Guess which sort Alexander Boris dePfeiffel Johnson was and is? And David Cameron?
Thing is, you don't need to have inside knowledge to know what shower of cnuts they are. We were warned over and over and over and over. We saw
decades of underfunding in the regions, a gap filled largely by the European Social Fund. We saw what Cameron's first government did to local
services. We saw what Bodger Johnson did as Mayor of London. We saw what Jacob Rees Mogg and the other hedge fund politicians did before, during
and after the referendum. We had Operation Yellowhammer. We had the writings of Dominic Raab, Pritti Patel and the like, describing the British
workers as the laziest in the developed world. We had Patrick Minford, the Leave campaign's favourite economist, tell us repeatedly and openly that
the fishing and farming sectors would be the first to get it up the arse after Brexit. We had decades of economic history that told us what
self-described free market politicians did when faced with a crunch like Brexit. We even had Bodger lying to the Queen to her face.

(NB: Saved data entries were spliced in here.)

-- ===== src/Exchange/Events.antt =====
-- All that can happen to the venue, as events, and what each makes it do, in the steps of `Steps`:
-- internal/exchange.
use fix_session_lab.Base.{ℕ, ◌≡◌, refl, inl, inr, Bool, true, false, List, [], ◌∷◌, Option, arith}
use fix_session_lab.Base.Lists.{Bool-cases, ite-both, All}
use fix_session_lab.Base.Text.{Text, codes, text_dec}
use fix_session_lab.Book.View.{IsWellFormed}
use fix_session_lab.Deps.{Deps, ok, Result-cases, Rejection}
use fix_session_lab.Exchange.{
  App, drop_copy, kind_dec, kind_of, note_sent, note_received, on_logon, to_admin, to_app,
  is_logged_on,
}
use fix_session_lab.Exchange.Callbacks.{
  from_app, from_admin, from_order_entry, admit_logon, on_logout,
}
use fix_session_lab.Exchange.Commands.{
  partial, fill, cancel, reject, set_reject_logons, set_silenced,
}
use fix_session_lab.Exchange.MassCancel.{cancel_all_open_day-MassCanceled}
use fix_session_lab.Exchange.Reports.{
  cancel_all_open_day, cod_timer, cod_reason, on_new_order_single, order_of_message,
}
use fix_session_lab.Exchange.Steps.{
  quiet, hushes, may_hush, Steps, here, one, Steps-trans, Steps-IsWellFormed,
}
use fix_session_lab.Exchange.Updates.{
  Ends-Steps, partial-Ends, fill-Ends, cancel-Ends, reject-Ends, accept_order-Steps,
}
use fix_session_lab.Order.{OrderState}

module _ ⦃L : Deps⦄ where
  pub data Event : Type 0 where
    app_message : L.Message → L.SessionId → Event
    admin_message : L.Message → L.SessionId → Event
    sends_app : L.Message → L.SessionId → Event
    sends_admin : L.Message → L.SessionId → Event
    logs_on : L.SessionId → Event
    -- at a time
    logs_out : ℕ → L.SessionId → Event
    -- the check that a lost session had given to AfterFunc
    timer_runs : L.SessionId → Event
    fills : Text → L.Decimal → Event
    fills_part : Text → L.Decimal → L.Decimal → Event
    cancels_one : Text → Text → Event
    rejects_one : Text → Text → Event
    cancels_all : Text → Event
    refuses_logons : Text → Event
    silences : Bool → Event

  abbrev pub IsSilence : Event → Type 0
  IsSilence (silences v) = Unit
  IsSilence _ = ⊥

  unfoldable pub react : App → Event → App
  unfolding from_app from_admin to_app to_admin on_logon on_logout cod_timer fill partial cancel
      reject cancel_all_open_day set_reject_logons set_silenced
  react a (app_message m id) = (from_app a m id).0
  react a (admin_message m id) = (from_admin a m id).0
  react a (sends_app m id) = to_app a m id
  react a (sends_admin m id) = to_admin a m id
  react a (logs_on id) = on_logon a id
  react a (logs_out now id) = on_logout a now id
  react a (timer_runs id) = cod_timer a id
  react a (fills id px) = (fill a id px).0
  react a (fills_part id qty px) = (partial a id qty px).0
  react a (cancels_one id reason) = (cancel a id reason).0
  react a (rejects_one id reason) = (reject a id reason).0
  react a (cancels_all reason) = (cancel_all_open_day a reason).0
  react a (refuses_logons reason) = set_reject_logons a reason
  react a (silences v) = set_silenced a v

  unfoldable pub run : App → List Event → App
  unfolding react
  run a [] = a
  run a (e ∷ es) = run (react a e) es

  -- A state that differs in nothing that orders and reports depend on.
  record Same (a a' : App) : Type 0 where
    book : a'.book ≡ a.book
    outbox : a'.outbox ≡ a.outbox
    kinds : a'.kinds ≡ a.kinds
    silenced : a'.silenced ≡ a.silenced

  Same-Steps : {a a' : App} → Same a a' → Steps false a a'
  Same-Steps {a} {a'} s = one (quiet a' s.book s.outbox s.kinds s.silenced)

  note_sent-Same : (a : App) (m : L.Message) (id : L.SessionId) → Same a (note_sent a m id)
  unfolding note_sent
  note_sent-Same a m id = ground arith

  note_received-Same : (a : App) (m : L.Message) (id : L.SessionId) → Same a (note_received a m id)
  unfolding note_received
  note_received-Same a m id = ground arith

  on_logout-Same : (a : App) (now : ℕ) (id : L.SessionId) → Same a (on_logout a now id)
  unfolding on_logout
  on_logout-Same a now id = ground arith

  admit_logon-Same : (a : App) (m : L.Message) (id : L.SessionId) → Same a (admit_logon a m id).0
  unfolding admit_logon
  admit_logon-Same a m id =
      ite-both (λ (q : App × Option Rejection). Same a q.0) (text_dec a.reject_logons [])
        (ground arith) (record { book = refl; outbox = refl; kinds = refl; silenced = refl })

  from_admin-Steps :
      (a : App) (m : L.Message) (id : L.SessionId) → Steps false a (from_admin a m id).0
  unfolding from_admin
  from_admin-Steps a m id =
      let b = note_received a m id in
      let received = Same-Steps (note_received-Same a m id) in
      elim (Result-cases (L.header_string m 35)) [
        | inr (e, h) ↦ rw (h, from_admin) received
        | inl (t, h) ↦
            rw (h, from_admin)
              (ite-both (λ (q : App × Option Rejection). Steps false a q.0) (text_dec t (codes "A"))
                (Steps-trans received (Same-Steps (admit_logon-Same b m id))) received)
      ]

  order_of_message-untraded :
      (m : L.Message) (o : OrderState L.Decimal)
      → order_of_message m ≡ ok o
      → o.cum_qty ≡ L.zero_dec
  unfolding order_of_message
  order_of_message-untraded m o h = ground arith

  on_new_order_single-Steps :
      (a : App) (m : L.Message) → IsWellFormed a.book → Steps false a (on_new_order_single a m).0
  unfolding on_new_order_single
  on_new_order_single-Steps a m w = elim (Result-cases (order_of_message m)) [
    | inr (e, h) ↦ rw (h, on_new_order_single) here
    | inl (o, h) ↦
        rw (h, on_new_order_single) (accept_order-Steps a o w (order_of_message-untraded m o h))
  ]

  from_order_entry-Steps :
      (a : App) (m : L.Message) (t : Text)
      → IsWellFormed a.book
      → Steps false a (from_order_entry a m t).0
  unfolding from_order_entry
  from_order_entry-Steps a m t w =
      let P = λ (q : App × Option Rejection). Steps false a q.0 in
      ite-both P (text_dec t (codes "D")) (on_new_order_single-Steps a m w)
        (ite-both P (text_dec t (codes "j")) here (ite-both P (text_dec t (codes "3")) here here))

  from_app-Steps :
      (a : App) (m : L.Message) (id : L.SessionId)
      → IsWellFormed a.book
      → Steps false a (from_app a m id).0
  unfolding from_app
  from_app-Steps a m id w =
      let b = note_received a m id in
      let received = Same-Steps (note_received-Same a m id) in
      ite-both (λ (q : App × Option Rejection). Steps false a q.0)
        (kind_dec (kind_of b id) drop_copy) received
        (elim (Result-cases (L.header_string m 35)) [
          | inr (e, h) ↦ rw h received
          | inl (t, h) ↦
              rw h (
                Steps-trans received (from_order_entry-Steps b m t (Steps-IsWellFormed received w)))
        ])

  -- In a well-formed book, what the venue does at any event but a change of the silence switch is a
  -- sequence of the steps of the specification: an order accepted and acknowledged, one order moved
  -- and the move reported, or something that touches neither the book nor the outbox nor the roles.
  pub react-Steps :
      (a : App) (e : Event) → IsWellFormed a.book → ¬ IsSilence e → Steps false a (react a e)
  unfolding react
  react-Steps a (app_message m id) w h = from_app-Steps a m id w
  react-Steps a (admin_message m id) w h = from_admin-Steps a m id
  react-Steps a (sends_app m id) w h = Same-Steps (note_sent-Same a m id)
  react-Steps a (sends_admin m id) w h = Same-Steps (note_sent-Same a m id)
  react-Steps a (logs_on id) w h = one (quiet _ refl refl refl refl)
  react-Steps a (logs_out now id) w h = Same-Steps (on_logout-Same a now id)
  react-Steps a (timer_runs id) w h = elim (Bool-cases (is_logged_on a id)) [
    | inl back ↦ rw (back, cod_timer) here
    | inr off ↦ rw (off, cod_timer) (cancel_all_open_day-MassCanceled a (cod_reason id) w).steps
  ]
  react-Steps a (fills id px) w h = Ends-Steps (fill-Ends a id px w)
  react-Steps a (fills_part id qty px) w h = Ends-Steps (partial-Ends a id qty px w)
  react-Steps a (cancels_one id reason) w h = Ends-Steps (cancel-Ends a id reason w)
  react-Steps a (rejects_one id reason) w h = Ends-Steps (reject-Ends a id reason w)
  react-Steps a (cancels_all reason) w h = (cancel_all_open_day-MassCanceled a reason w).steps
  react-Steps a (refuses_logons reason) w h = one (quiet _ refl refl refl refl)
  react-Steps a (silences v) w h = absurd (h tt)

  any-Steps : (a : App) (e : Event) → IsWellFormed a.book → Steps true a (react a e)
  unfolding react
  any-Steps a (silences v) w = one (hushes refl v)
  any-Steps a e w = may_hush (react-Steps a e w (λ s. s))

  pub run-Steps : (a : App) (es : List Event) → IsWellFormed a.book → Steps true a (run a es)
  unfolding run
  run-Steps a [] w = here
  run-Steps a (e ∷ es) w =
      let first = any-Steps a e w in
      Steps-trans first (run-Steps (react a e) es (Steps-IsWellFormed first w))

  -- The operator does not silence the venue, nor end a silence.
  pub run-Steps_loud :
      (a : App) (es : List Event)
      → IsWellFormed a.book
      → All (λ e. ¬ IsSilence e) es
      → Steps false a (run a es)
  unfolding run
  run-Steps_loud a [] w h = here
  run-Steps_loud a (e ∷ es) w (he, h) =
      let first = react-Steps a e w he in
      Steps-trans first (run-Steps_loud (react a e) es (Steps-IsWellFormed first w) h)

And people still voted for them.
They're still making no secret of what they are doing. Look at the Parliamentary business over the last two years. It's the equivalent of putting a
price on everything and sticking guards at the door to make sure the workers don't nick anything.
Bodger got a mystery donation of £27,000 worth of organic takeaways during lockdown - he looks like he enjoys his food but twenty seven grands
worth? We had the redecoration of the private apartment in Number Ten, courtesy of several anonymous donors. We had £38 BILLION spaffed on shonky
contracts last year. We had the unelected Lord Frost yesterday or today, making it sound like he and Bodger's oven ready deal was nothing to do with
them, it's all down to the nasty EU. On Friday we even had Kwasi Kwarteng telling us the current disruption is the start of the post-Brexit
economic readjustment before the Party could spin it into another glimpse of the distant sunny uplands.
And people could still vote for them again.